Well done Christopher. I mean, we’ve officially flushed common sense down the drain. Somewhere between “order your Guinness on an app” and “monetize your bowel movements,” we’ve gone from going to the bathroom to beta-testing our digestive tract.

GoFlush™ feels less like innovation and more like a real splash in the worst possible direction. Next thing you know, your toilet will send you a push notification: “Great movement! Would you like to share this with your network?”

Hard pass. Some things are better left unstreamed, unmonetized, and—dare I say—off the cloud.

Call me old-fashioned, but I prefer my data exactly where it belongs: securely wiped.

Toffeepud's avatar

I thought Fuckerberg had already done that with farcebook? Judging by much of the "content" flung my way on there....

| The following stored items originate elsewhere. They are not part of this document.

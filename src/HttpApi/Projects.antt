-- ===== src/HttpApi/Projects.antt =====
-- The lists of projects of http-api/src/v1: `get_projects_info` of projects.rs, the handler of
-- delegates.rs and that of stats.rs, and `project_info` of http-api/src/lib.rs.
pub mod Counts
pub mod Delegates
use radicle_client_services.Base.{
  Text, map, ℕ, zero, suc, ◌*◌, ◌%◌, ◌^◌, lit, length, take, drop, any, get_or_else, if◌then◌else◌,
  Bool, true, false, Option, none, some, List, [], ◌∷◌, Outcome, ok, err, panic, ok_or, map_err,
  ◌>>=◌, ◌>>◌,
}
use radicle_client_services.Extern.Peers.{Peers}
use radicle_client_services.Extern.Identity.{
  Delegation, direct, indirect, SomeIdentity, person, project, unknown,
}
use radicle_client_services.Extern.Monorepo.{Monorepo}
use radicle_client_services.Extern.Api.{Api, Metadata}
use radicle_client_services.HttpApi.Error.{
  Error, Result, git, identities, local_identity, cobs, pool, not_found, project_error,
}
use radicle_client_services.HttpApi.Pages.{query_page}
use radicle_client_services.HttpApi.Commits.{collect}
use radicle_client_services.HttpApi.Head.{get_head_commit}

-- the results that are there, in order
unfoldable pub oks : {E A : Type 0} → List (Outcome E A) → List A
oks [] = []
oks (ok a ∷ rs) = a ∷ oks rs
oks (_ ∷ rs) = oks rs

-- `Result::ok`
unfoldable pub to_option : {E A : Type 0} → Outcome E A → Option A
to_option (ok a) = some a
to_option _ = none

unfoldable pub filter_map : {A B : Type 0} → (A → Option B) → List A → List B
filter_map f [] = []
filter_map f (x ∷ xs) = let rest = filter_map f xs in elim (f x) [ none ↦ rest | some y ↦ y ∷ rest ]

module _ {P : Peers} (G : Monorepo P) (X : Api G) where
  abbrev pub Identities : Type 0
  Identities = List (Outcome Text (SomeIdentity P G.Urn))

  pub record Info : Type 0 where
    pub meta : Metadata G
    pub head : Option G.Oid
    pub issues : ℕ
    pub patches : ℕ

  unfoldable pub info_of : G.Store → Metadata G → Result Info
  info_of s meta = do
    let head = to_option (get_head_commit G X s meta.urn meta.default_branch meta.delegates)
    issues ← map_err cobs (X.count_issues s meta.urn)
    patches ← map_err cobs (X.count_patches s meta.urn)
    ok (record { meta = meta; head = head; issues = issues; patches = patches })

  -- get_project_info and get_project_info_sync
  unfoldable pub get_project_info : G.Store → Text → SomeIdentity P G.Urn → Result Info
  get_project_info s git_dir p = do
    map_err pool (G.pool_get s)
    map_err git (G.open_bare s git_dir)
    map_err local_identity (X.local_person s)
    meta ← map_err project_error (X.metadata p)
    info_of s meta

  -- Context::project_info
  unfoldable pub project_info : G.Store → Text → G.Urn → Result Info
  project_info s git_dir urn = do
    map_err pool (G.pool_get s)
    found ← map_err identities (X.get_project s urn)
    p ← ok_or not_found found
    meta ← map_err project_error (X.metadata p)
    map_err git (G.open_bare s git_dir)
    map_err local_identity (X.local_person s)
    info_of s meta

  -- the filter_map: a project, or an identity that cannot be read
  unfoldable pub projects_of : Identities → List (Result (SomeIdentity P G.Urn))
  projects_of [] = []
  projects_of (ok (project urn name branch ds) ∷ ids) =
      ok (project urn name branch ds) ∷ projects_of ids
  projects_of (err e ∷ ids) = err (identities e) ∷ projects_of ids
  projects_of (_ ∷ ids) = projects_of ids

  -- A project whose information cannot be had, or whose task panics, is left out.
  unfoldable pub get_projects_info : G.Store → Text → Option ℕ → Option ℕ → Result (List Info)
  get_projects_info s git_dir page per_page = do
    map_err pool (G.pool_get s)
    ids ← map_err identities (G.list_identities s)
    projects ← collect (λ r. r) (query_page page per_page (projects_of ids))
    ok (oks (map (get_project_info s git_dir) projects))

  abbrev pub names : G.Urn → Delegation P G.Urn → Bool
  names delegate (direct key) = false
  names delegate (indirect urn keys) = G.urn_eq urn delegate

  -- the `any` over the delegations
  unfoldable pub is_delegate : G.Urn → List (Delegation P G.Urn) → Bool
  is_delegate delegate ds = any (names delegate) ds

  -- the filter_map of delegates_projects_handler: none is passed over
  unfoldable pub delegate_info :
      G.Store → G.Urn → Outcome Text (SomeIdentity P G.Urn) → Option (Result Info)
  delegate_info s delegate (err e) = some (err (identities e))
  delegate_info s delegate (ok (project urn name branch ds)) =
      if is_delegate delegate ds
      then elim (X.metadata (project urn name branch ds)) [
        | ok meta ↦ elim (info_of s meta) [
          | ok info ↦ some (ok info)
          | err e ↦ none
          | panic ↦ some panic
        ]
        | err e ↦ none
        | panic ↦ some panic
      ]
      else none
  delegate_info s delegate panic = some panic
  delegate_info s delegate _ = none

  -- delegates_projects_handler; the functions of the crates are taken not to panic on a project that
  -- is skipped
  unfoldable pub delegates_projects :
      G.Store → Text → G.Urn → Option ℕ → Option ℕ → Result (List Info)
  delegates_projects s git_dir delegate page per_page = do
    map_err pool (G.pool_get s)
    map_err git (G.open_bare s git_dir)
    map_err local_identity (X.local_person s)
    ids ← map_err identities (G.list_identities s)
    collect (λ r. r) (query_page page per_page (filter_map (delegate_info s delegate) ids))

  -- stats_handler: the counts of projects and of persons; any other identity panics
  unfoldable pub count_identities : Identities → Result (ℕ × ℕ)
  count_identities [] = ok (0, 0)
  count_identities (ok (project urn name branch ds) ∷ ids) = do
    counts ← count_identities ids
    ok (suc counts.0, counts.1)
  count_identities (ok (person urn name keys) ∷ ids) = do
    counts ← count_identities ids
    ok (counts.0, suc counts.1)
  count_identities (_ ∷ ids) = panic

  unfoldable pub stats : G.Store → Result (ℕ × ℕ)
  stats s = do
    map_err pool (G.pool_get s)
    ids ← map_err identities (G.list_identities s)
    count_identities ids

Apps wind me up as well. Fuck off, no, I don't want yet another sodding app cluttering up my phone.

"Can I have your email for the receipt?" now gets a terse "No, I'd like a paper one thanks." Why would I want yet another fcking email cluttering up my inbox? Sod. Off.

I don't drink Guinness, I can't get past the smell, but hubs is a devotee. He's going to the brewery in Dublin in May, he's visiting his cousin (bit of a mercy mission) and her OH is taking him to the brewery. Apparently its amazing. He's welcome to it.

The weirdest brewery we've been to was Sulwath in Castle Douglas in Scotland. It was literally a converted garage. Gorgeous beer though.